Question 68: Do you see any benefit in continuing to steam strip crude tower distillate cuts since these side streams require further processing in down stream hydrotreaters?

Jim Johnson (Marathon Petroleum)

We have observed definite benefits to steam stripping the distillate cuts and have been working to determine whether the benefit is worth the cost.The main purpose for distillate side strippers is to control product flash with a secondary purpose of lifting lighter material and affecting the product cuts. If the kerosene and diesel streams go directly to hydrotreaters and there is no concern with flash in an intermediate storage tank, the flash can be effectively controlled at the hydrotreater stripper. However, it comes at a cost also.

In looking at steam stripping the diesel cut, the target should be to lift just enough of the lightest naphtha range material to reach the minimum flash target. Incremental kerosene production is normally sold as diesel fuel, so there is not an incentive to lift any more than is necessary. One must determine how much naphtha is required to be lifted to control flash and if it’s not lifted in the side stripper then it will be processed through the diesel hydrotreater and lifted in the product stripper. We have an example at one of our refineries with two crude units where one of the diesel side strippers has been operated without stripping steam due to a mechanical problem with the stripper while the other crude unit diesel stripper is operated normally. We have observed a very small difference in the flash and front end of the distillation between the two streams, bringing into question the value of steam stripping the diesel draw. And a likely more important variable beyond the utility cost comparison is the value of distillate hydrotreating capacity to the refinery.

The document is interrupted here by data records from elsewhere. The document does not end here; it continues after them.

-- ===== src/Settlement/Tests.antt =====
-- An order at concrete inputs: two items of one seller at a tenth of commission.
use go_marketplace_backend.Base.{ℕ, ◌≡◌, refl, List, [], ◌∷◌, Option, none, ap}
use go_marketplace_backend.Base.Int.{ℤ, pos, add64}
use go_marketplace_backend.Base.Text.{Text, text_eq}
use go_marketplace_backend.Kernel.Identifier.{
  Ident, parse_id, normalize_uuid, normalize_from, normal_byte, nil_uuid,
}
use go_marketplace_backend.Kernel.Money.{
  kzt, new_money, new_currency, new_basis_points, apply_percent, sub,
}
use go_marketplace_backend.Settlement.{
  Entry, SettlementError, AccrueSettlement, settle, sum_items, add_totals, accrue_all, new_entry,
  accrue, save,
}
use go_marketplace_backend.Settlement.Ledger.{IsLedger, settle-IsLedger}
use go_marketplace_backend.Settlement.Again.{settle_again}

abbrev seller : Text
seller =
    b'0' ∷ b'0' ∷ b'0' ∷ b'0' ∷ b'0' ∷ b'0' ∷ b'0' ∷ b'0' ∷ b'-' ∷ b'0' ∷ b'0' ∷ b'0' ∷ b'0' ∷ b'-'
    ∷ b'0' ∷ b'0' ∷ b'0' ∷ b'0' ∷ b'-' ∷ b'0' ∷ b'0' ∷ b'0' ∷ b'0' ∷ b'-' ∷ b'0' ∷ b'0' ∷ b'0'
    ∷ b'0' ∷ b'0' ∷ b'0' ∷ b'0' ∷ b'0' ∷ b'0' ∷ b'0' ∷ b'0' ∷ b'a' ∷ []

abbrev sold : AccrueSettlement
sold = record {
  order_id = b'o' ∷ [];
  currency = kzt;
  items =
      record { seller_id = seller; category_id = []; amount = pos 1000 }
      ∷ record { seller_id = seller; category_id = []; amount = pos 500 }
      ∷ [];
}

abbrev no_rate : Text → Text → Option ℤ
no_rate _ _ = none

abbrev ids : ℕ → Ident
ids _ = b'e' ∷ []

settle-IsLedger_example : IsLedger (settle no_rate (pos 1000) ids 7 sold []).0.0
settle-IsLedger_example =
    settle-IsLedger no_rate (pos 1000) ids 7 sold [] (record { balanced = tt; single = tt })

abbrev earned : Entry
earned = record {
  id = b'e' ∷ [];
  order_id = b'o' ∷ [];
  seller_id = seller;
  gross = record { amount = 1500; currency = kzt };
  commission = record { amount = 150; currency = kzt };
  net = record { amount = 1350; currency = kzt };
  accrued_at = 7;
}

settles : settle no_rate (pos 1000) ids 7 sold [] ≡ ((earned ∷ [], 1), none)
unfolding settle sum_items add_totals accrue_all new_entry accrue save parse_id normalize_uuid
    normalize_from normal_byte nil_uuid text_eq new_currency new_money new_basis_points
    apply_percent sub add64
settles = refl

settles_well : (settle no_rate (pos 1000) ids 7 sold []).1 ≡ none
settles_well = ap (λ (r : (List Entry × ℕ) × Option SettlementError). r.1) settles

settle_again_example :
    settle no_rate (pos 1000) ids 9 sold (settle no_rate (pos 1000) ids 7 sold []).0.0
    ≡ (((settle no_rate (pos 1000) ids 7 sold []).0.0, 0), none)
settle_again_example = settle_again no_rate (pos 1000) ids ids 7 9 sold [] (λ _. refl) settles_well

Side stripping kerosene is slightly more complex in that the stripping steam not only controls the flash but is effective in assisting the distillation between naphtha and kerosene. We recently conducted a test at one of our refineries varying the stripping steam ratio from 3 #/bbl to 8 #/bbl in an effort to quantify this benefit and compare the utility costs. The following graph illustrates the effect of increased stripping steam on the kerosene distillation, as observed during the test run.

At this refinery the kerosene stripper, OH liquid is routed back to the crude tower; thus, the utility cost of the stripping steam can be compared directly with the incremental cost of processing the naphtha through the hydrotreater furnace. It was determined that the cost of steam is more than the cost of incremental heater firing.

This comparison is limited to the utility costs involved. Product economics may also factor into this evaluation.

At another of our refineries the naphtha endpoint was being targeted very low resulting in an excessive load being placed on the kerosene hydrotreater. The hydrotreater charge heater was pushed to maximum firing rate and the product stripper was pushed beyond design velocities resulting in a failure due to erosion/corrosion. Plus, at this refinery the kerosene hydrotreater stripper OH liquid is routed to the diesel hydrotreater, then back to the crude unit, thus incurring the cost of heater firing twice. More importantly the naphtha that recycled back to the crude unit utilized valuable capacity in both the kerosene and diesel hydrotreaters.

Each refinery should determine their cost/benefit of side stripping the distillate streams, as the answer will likely be different from one refinery to the next.

 

Eric Thraen (Flint Hills Resources)

The benefits of side-stripping crude tower side-cuts depend on whether the crude unit or the downstream processing unit is more constrained. Downstream units include the product desulfurizing units as well as the sour water strippers. Maintaining at least a minimum stripping steam rate in the side-cut strippers helps to ensure the downstream hydrotreater feed drum does not see excessive light oil in that unit's feed drum. For example, too much heavy naphtha in a Jet/#1or Diesel/#2 hydrotreater feed drum can cause that unit’s feed drum offgas pressure control valve to open if the feed drum runs hot due to multiple feed sources. Generally, the majority of the light product recovery stripping benefit is provided by a small increment of stripping steam, with diminishing returns for stripping steam above that minimum. In addition to the feed drum pressure/offgas issue, depending on the refinery’s configuration, multiple units recycle can result if light oil is not stripped right the first time. For example, excessive naphtha in a Jet or #2 Diesel side-draw will be stripped overhead at the downstream DHT Stripper. If the DHT Stripper overhead gasoline is routed to a Sat Gas Plant this will load up that GRU, whose product may then be re-hydrotreated at a naphtha desulfurizer before ultimately finding its way to finished product tankage. The recycle caused by poor stripping consumes capacity at multiple processing units.